Exercise requirements>
Taking the line that contains "pub data_from_same_source : ShareRequest" as the first, copy exactly every line through the last line of the records, and nothing else.

===== Records

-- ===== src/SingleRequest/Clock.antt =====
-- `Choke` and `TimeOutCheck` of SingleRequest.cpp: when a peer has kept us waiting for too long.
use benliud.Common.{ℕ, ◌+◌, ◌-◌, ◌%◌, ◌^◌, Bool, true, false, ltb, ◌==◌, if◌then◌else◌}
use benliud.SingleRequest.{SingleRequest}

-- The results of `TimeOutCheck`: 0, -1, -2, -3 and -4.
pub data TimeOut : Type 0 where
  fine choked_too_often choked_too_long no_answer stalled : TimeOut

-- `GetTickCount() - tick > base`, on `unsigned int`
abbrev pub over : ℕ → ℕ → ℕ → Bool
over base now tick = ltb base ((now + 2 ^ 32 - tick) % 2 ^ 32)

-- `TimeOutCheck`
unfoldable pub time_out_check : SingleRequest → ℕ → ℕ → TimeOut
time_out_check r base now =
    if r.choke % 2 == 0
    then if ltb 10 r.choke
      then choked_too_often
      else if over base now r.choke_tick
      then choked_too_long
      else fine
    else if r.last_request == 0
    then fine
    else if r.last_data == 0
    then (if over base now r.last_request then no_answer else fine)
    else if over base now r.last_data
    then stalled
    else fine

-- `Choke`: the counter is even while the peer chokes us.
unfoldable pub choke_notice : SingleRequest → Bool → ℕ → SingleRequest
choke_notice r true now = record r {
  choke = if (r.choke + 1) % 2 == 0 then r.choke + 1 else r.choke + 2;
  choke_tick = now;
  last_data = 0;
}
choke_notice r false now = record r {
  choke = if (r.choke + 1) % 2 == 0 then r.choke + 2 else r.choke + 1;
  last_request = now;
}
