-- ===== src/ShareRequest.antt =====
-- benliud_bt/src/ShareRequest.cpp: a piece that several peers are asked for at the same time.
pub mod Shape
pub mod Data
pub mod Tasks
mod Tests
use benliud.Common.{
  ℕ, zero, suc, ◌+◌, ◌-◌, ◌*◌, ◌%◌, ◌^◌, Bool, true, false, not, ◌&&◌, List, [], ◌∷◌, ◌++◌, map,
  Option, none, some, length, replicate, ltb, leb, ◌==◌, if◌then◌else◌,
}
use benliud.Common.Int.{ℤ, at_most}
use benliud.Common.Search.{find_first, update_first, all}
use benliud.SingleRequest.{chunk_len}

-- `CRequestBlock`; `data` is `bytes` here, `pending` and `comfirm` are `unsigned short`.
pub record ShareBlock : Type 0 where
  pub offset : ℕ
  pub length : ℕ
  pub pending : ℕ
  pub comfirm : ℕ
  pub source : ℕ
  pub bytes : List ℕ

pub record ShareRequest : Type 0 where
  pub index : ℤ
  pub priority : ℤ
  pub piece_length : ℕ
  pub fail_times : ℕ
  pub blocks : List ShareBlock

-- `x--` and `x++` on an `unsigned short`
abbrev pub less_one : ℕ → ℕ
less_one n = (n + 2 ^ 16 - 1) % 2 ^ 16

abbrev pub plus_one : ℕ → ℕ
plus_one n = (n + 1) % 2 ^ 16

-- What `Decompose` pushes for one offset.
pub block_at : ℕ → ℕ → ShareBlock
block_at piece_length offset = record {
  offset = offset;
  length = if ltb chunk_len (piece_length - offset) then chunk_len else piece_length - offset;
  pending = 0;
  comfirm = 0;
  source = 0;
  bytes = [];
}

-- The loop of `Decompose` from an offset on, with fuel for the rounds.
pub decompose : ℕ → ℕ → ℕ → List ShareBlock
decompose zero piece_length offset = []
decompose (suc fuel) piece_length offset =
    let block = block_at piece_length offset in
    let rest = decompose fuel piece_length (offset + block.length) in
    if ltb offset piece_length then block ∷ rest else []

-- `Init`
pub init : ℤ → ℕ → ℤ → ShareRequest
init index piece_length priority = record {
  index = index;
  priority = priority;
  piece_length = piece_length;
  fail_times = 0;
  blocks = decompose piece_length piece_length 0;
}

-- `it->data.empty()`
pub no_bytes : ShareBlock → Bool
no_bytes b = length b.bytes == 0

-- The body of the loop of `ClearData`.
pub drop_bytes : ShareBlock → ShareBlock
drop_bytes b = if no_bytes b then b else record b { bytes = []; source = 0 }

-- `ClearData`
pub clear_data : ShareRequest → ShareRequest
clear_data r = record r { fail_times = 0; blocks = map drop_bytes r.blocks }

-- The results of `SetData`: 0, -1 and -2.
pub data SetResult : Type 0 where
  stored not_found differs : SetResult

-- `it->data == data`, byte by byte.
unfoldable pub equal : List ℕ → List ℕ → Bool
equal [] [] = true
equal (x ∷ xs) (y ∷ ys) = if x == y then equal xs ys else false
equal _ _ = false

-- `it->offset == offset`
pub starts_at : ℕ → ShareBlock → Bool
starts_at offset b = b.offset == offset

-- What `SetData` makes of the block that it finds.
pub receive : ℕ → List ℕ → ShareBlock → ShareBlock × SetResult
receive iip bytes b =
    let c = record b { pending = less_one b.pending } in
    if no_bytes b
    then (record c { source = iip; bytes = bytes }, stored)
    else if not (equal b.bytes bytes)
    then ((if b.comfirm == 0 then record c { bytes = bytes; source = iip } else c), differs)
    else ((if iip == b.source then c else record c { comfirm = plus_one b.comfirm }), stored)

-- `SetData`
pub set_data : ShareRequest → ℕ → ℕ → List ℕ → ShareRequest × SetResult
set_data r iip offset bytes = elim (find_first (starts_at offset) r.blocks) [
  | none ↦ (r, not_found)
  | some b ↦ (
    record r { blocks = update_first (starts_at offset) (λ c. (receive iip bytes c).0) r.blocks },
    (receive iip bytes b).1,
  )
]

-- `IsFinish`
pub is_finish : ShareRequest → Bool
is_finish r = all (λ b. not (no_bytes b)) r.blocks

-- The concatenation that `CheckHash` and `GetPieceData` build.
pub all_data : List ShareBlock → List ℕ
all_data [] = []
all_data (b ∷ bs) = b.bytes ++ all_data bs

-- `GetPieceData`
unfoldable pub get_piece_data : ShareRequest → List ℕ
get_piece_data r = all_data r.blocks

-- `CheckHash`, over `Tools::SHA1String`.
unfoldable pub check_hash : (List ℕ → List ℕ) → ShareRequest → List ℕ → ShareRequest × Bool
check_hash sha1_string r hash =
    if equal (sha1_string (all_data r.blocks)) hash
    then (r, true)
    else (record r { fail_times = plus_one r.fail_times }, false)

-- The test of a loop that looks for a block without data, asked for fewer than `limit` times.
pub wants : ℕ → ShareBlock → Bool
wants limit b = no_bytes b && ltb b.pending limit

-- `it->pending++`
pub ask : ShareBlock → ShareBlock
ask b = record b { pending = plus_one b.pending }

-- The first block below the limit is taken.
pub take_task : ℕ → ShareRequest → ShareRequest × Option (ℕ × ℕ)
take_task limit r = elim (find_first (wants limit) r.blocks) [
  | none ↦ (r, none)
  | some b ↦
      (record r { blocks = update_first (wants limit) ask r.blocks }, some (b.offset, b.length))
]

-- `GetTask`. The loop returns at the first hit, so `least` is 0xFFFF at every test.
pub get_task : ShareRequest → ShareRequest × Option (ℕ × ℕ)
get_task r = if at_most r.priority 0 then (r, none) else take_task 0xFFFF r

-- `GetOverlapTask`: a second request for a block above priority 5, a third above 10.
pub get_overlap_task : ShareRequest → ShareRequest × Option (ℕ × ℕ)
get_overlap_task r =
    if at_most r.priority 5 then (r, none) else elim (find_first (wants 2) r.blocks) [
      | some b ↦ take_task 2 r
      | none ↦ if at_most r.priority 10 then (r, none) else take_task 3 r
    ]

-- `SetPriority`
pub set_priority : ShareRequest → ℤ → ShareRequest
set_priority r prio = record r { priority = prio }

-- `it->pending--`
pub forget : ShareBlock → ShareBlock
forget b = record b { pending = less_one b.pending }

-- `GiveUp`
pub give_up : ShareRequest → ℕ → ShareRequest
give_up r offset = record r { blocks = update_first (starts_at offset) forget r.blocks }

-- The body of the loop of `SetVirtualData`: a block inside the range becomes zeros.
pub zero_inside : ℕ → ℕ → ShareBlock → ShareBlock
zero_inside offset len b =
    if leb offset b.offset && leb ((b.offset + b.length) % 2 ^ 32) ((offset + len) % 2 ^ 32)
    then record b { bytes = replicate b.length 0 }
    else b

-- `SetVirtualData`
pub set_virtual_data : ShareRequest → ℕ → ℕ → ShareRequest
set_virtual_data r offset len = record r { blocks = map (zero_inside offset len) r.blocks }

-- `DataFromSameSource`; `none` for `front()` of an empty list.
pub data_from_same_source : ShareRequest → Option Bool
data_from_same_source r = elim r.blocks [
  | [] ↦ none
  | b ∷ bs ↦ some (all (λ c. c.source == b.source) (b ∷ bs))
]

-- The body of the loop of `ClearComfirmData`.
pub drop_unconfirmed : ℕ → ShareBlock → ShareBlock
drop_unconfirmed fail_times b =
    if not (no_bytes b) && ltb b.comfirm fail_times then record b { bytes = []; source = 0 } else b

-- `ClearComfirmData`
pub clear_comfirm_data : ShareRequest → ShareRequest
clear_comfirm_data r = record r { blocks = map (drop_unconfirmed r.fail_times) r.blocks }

==========

Response to this exercise>
pub data_from_same_source : ShareRequest → Option Bool
data_from_same_source r = elim r.blocks [
  | [] ↦ none
  | b ∷ bs ↦ some (all (λ c. c.source == b.source) (b ∷ bs))
]

-- The body of the loop of `ClearComfirmData`.
pub drop_unconfirmed : ℕ → ShareBlock → ShareBlock
drop_unconfirmed fail_times b =
    if not (no_bytes b) && ltb b.comfirm fail_times then record b { bytes = []; source = 0 } else b

-- `ClearComfirmData`
pub clear_comfirm_data : ShareRequest → ShareRequest
clear_comfirm_data r = record r { blocks = map (drop_unconfirmed r.fail_times) r.blocks }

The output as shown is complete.